Tahlequah: The Capitol of the Cherokee Nation

Recently, I went on a road trip to Tahlequah, Oklahoma, one of the most historic towns in the State. My first stop was Morgan’s Bakery in downtown Tahlequah where I succumbed to temptation and ate a glazed doughnut. Revitalized, I walked down the street to Capitol Square and tried to imagine what life was like there during the Civil War era.

My imagination was aided by an antebellum account. In the fall of 1841, Major Ethan Allen Hitchcock traveled to the Indian Territory to investigate charges of fraud in providing supplies to the Cherokees and the Chickasaws after their removal from the southeastern United States. On November 30, 1841, Hitchcock arrived in Tahlequah and wrote in his journal, “As we came in sight of the capital, I saw a number of log houses arranged in order with streets; or one street at all events, was clearly visible but the houses were very small. One house was painted: ‘The Committee sit there’; (some distance off) ‘to the left, the principal chief stays’—we saw a number of people. ‘There are cooks, public cooks we call them’ said Mr. Drew, ‘along those houses, meat etc., is furnished to them and they cook for the public. Everybody can go to the public tables. See there,’ said he, ‘you see some eating dinner.’ I saw some 20 at one table. ‘The nation pays the expense’” (pages 36-37).

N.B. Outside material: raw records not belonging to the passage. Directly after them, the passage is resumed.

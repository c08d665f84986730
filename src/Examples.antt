-- ===== src/Examples.antt =====
-- The theorems applied to concrete doubles of Redis, TWS, Python and the clock.
mod Doubles
mod Commands
mod Symbols
mod Turns
mod Slots
mod Awaiting
mod Healing
mod Feeds
mod Fills
mod Rows
mod Gateway
mod Rounds
mod Startup
mod Mocking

Two years after Hitchcock’s visit, the Cherokee Supreme Court building was erected, and today it houses the Cherokee National Supreme Court Museum. The structure is one of the few surviving pre-war buildings in Oklahoma.

The log structures that housed many of the Cherokee Nation’s government offices were burned during the War and replaced by this handsome brick building in 1870. 

Bear in mind that the Cherokee Nation experienced much devastation during the War and in the postwar period was forced to give up some of its lands in the Reconstruction Treaties. The Nation, though, proved to be exceptionally resilient and rebuilt its society and government in the postwar years. By the way, the monument in front of the building honors Cherokee Confederate soldiers. Seeing this begged a question--why is there no monument to the Cherokee Union soldiers?

Citation for Hitchcock quote: Foreman, Grant, ed. A Traveler in Indian Territory: The Journal of Ethan Allen Hitchcock. Norman: University of Oklahoma Press, 1930 (reprinted in 1996).